-------- Study material --------
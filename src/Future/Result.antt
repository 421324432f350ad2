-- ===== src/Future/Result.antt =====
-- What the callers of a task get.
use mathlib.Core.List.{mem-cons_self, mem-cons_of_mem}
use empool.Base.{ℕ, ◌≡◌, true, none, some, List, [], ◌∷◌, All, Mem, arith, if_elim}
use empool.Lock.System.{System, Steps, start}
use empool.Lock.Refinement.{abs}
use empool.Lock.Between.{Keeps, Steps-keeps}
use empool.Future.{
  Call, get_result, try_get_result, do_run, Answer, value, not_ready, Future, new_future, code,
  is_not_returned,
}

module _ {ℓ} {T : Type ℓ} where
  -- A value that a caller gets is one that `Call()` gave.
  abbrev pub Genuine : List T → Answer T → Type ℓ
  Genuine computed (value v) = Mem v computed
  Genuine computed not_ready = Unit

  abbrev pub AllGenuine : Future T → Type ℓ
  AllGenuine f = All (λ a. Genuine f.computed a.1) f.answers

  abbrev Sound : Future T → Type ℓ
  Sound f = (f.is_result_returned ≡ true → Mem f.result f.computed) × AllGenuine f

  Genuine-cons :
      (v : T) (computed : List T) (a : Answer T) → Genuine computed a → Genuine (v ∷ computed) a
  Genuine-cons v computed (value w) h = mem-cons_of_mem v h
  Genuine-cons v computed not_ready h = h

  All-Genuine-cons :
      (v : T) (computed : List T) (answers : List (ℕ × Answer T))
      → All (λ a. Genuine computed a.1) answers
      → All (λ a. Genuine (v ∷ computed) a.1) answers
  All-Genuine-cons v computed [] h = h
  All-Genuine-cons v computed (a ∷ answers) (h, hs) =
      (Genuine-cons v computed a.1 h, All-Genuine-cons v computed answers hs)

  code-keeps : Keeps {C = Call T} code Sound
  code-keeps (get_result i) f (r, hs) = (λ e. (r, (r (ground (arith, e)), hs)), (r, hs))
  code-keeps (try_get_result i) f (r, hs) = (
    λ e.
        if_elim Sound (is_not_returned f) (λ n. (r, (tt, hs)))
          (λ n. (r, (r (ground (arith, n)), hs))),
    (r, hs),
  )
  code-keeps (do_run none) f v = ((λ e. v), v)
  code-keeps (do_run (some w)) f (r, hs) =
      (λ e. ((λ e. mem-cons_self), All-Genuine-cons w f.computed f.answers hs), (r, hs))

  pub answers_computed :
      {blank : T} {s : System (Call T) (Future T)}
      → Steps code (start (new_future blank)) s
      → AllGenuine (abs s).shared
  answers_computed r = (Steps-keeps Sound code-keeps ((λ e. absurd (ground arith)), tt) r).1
--------
-------- Study material --------
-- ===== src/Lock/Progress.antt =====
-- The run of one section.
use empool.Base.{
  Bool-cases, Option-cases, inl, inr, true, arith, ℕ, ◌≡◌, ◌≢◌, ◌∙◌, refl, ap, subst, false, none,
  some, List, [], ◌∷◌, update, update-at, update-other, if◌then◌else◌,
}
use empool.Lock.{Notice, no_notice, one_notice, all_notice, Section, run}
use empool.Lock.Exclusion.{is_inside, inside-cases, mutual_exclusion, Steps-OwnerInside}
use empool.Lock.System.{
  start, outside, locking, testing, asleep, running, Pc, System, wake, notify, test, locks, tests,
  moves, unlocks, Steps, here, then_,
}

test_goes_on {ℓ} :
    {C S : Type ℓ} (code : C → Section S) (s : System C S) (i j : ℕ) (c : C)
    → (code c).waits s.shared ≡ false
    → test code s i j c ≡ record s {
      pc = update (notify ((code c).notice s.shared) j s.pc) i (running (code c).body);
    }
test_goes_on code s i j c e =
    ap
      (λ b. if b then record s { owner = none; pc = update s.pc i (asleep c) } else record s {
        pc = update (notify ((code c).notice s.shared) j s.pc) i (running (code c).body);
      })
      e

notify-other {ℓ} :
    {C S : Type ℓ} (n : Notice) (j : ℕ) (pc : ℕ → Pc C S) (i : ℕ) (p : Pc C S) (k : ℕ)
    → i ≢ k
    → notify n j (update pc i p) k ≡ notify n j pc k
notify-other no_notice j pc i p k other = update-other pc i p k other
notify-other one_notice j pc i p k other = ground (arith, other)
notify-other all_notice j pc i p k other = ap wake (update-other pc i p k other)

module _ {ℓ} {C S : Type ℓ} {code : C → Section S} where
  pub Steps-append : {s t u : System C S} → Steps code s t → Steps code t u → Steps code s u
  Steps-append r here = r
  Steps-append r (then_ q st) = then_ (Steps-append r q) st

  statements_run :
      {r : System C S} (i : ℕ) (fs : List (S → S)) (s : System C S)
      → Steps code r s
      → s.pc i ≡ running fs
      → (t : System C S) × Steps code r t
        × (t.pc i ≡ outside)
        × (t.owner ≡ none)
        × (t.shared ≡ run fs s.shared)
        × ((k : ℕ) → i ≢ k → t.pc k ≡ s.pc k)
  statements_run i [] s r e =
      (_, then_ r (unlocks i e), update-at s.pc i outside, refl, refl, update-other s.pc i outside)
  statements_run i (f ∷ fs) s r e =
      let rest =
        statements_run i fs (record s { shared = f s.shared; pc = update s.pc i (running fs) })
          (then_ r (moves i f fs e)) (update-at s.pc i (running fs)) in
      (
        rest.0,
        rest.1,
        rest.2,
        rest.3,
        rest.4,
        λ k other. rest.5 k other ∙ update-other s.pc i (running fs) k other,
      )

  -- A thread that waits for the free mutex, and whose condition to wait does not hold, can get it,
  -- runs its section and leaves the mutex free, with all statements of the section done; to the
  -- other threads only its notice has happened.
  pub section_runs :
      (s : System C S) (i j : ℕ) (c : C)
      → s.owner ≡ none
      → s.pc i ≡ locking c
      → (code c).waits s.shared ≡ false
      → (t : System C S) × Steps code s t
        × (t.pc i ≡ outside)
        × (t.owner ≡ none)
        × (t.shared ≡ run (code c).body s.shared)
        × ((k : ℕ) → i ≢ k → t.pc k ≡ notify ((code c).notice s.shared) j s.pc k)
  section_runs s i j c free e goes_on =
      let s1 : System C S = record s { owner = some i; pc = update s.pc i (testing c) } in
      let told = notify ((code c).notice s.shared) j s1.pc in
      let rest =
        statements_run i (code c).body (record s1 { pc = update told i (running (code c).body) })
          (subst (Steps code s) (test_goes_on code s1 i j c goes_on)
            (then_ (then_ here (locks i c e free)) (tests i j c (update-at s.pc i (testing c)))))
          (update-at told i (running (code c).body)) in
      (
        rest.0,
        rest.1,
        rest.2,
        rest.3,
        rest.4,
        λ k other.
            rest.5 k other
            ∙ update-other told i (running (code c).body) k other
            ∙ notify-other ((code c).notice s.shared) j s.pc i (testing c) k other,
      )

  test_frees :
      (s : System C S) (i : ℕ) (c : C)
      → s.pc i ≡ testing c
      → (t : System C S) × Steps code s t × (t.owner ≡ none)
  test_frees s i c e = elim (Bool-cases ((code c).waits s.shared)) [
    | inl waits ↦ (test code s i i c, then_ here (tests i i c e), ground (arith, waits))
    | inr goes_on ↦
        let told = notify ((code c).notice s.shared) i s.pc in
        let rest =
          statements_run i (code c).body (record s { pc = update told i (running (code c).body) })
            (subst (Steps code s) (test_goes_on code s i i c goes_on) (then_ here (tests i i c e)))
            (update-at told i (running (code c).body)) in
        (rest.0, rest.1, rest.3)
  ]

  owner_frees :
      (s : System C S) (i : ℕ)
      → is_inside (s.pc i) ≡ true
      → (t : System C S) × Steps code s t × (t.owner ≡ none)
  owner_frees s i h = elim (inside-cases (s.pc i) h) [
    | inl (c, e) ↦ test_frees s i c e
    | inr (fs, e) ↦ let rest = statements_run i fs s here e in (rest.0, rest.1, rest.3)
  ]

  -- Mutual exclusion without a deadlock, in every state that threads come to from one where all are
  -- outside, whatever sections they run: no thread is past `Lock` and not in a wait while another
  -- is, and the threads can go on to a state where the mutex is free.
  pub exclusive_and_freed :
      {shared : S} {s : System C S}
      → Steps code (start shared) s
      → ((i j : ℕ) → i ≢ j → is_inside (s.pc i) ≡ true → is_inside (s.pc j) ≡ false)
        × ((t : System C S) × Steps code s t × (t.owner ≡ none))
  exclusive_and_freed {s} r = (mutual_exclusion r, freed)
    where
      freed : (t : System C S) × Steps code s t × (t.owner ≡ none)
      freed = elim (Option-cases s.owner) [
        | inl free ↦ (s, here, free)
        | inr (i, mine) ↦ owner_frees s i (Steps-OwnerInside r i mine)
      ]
--------
▶ _The task_: Of the entries above, repeat exactly the lines between the line with "statements_run i (f" and the line with "i ≡ locking c", inclusive, and no others.

▶ _Solution to this task_:
  statements_run i (f ∷ fs) s r e =
      let rest =
        statements_run i fs (record s { shared = f s.shared; pc = update s.pc i (running fs) })
          (then_ r (moves i f fs e)) (update-at s.pc i (running fs)) in
      (
        rest.0,
        rest.1,
        rest.2,
        rest.3,
        rest.4,
        λ k other. rest.5 k other ∙ update-other s.pc i (running fs) k other,
      )

  -- A thread that waits for the free mutex, and whose condition to wait does not hold, can get it,
  -- runs its section and leaves the mutex free, with all statements of the section done; to the
  -- other threads only its notice has happened.
  pub section_runs :
      (s : System C S) (i j : ℕ) (c : C)
      → s.owner ≡ none
      → s.pc i ≡ locking c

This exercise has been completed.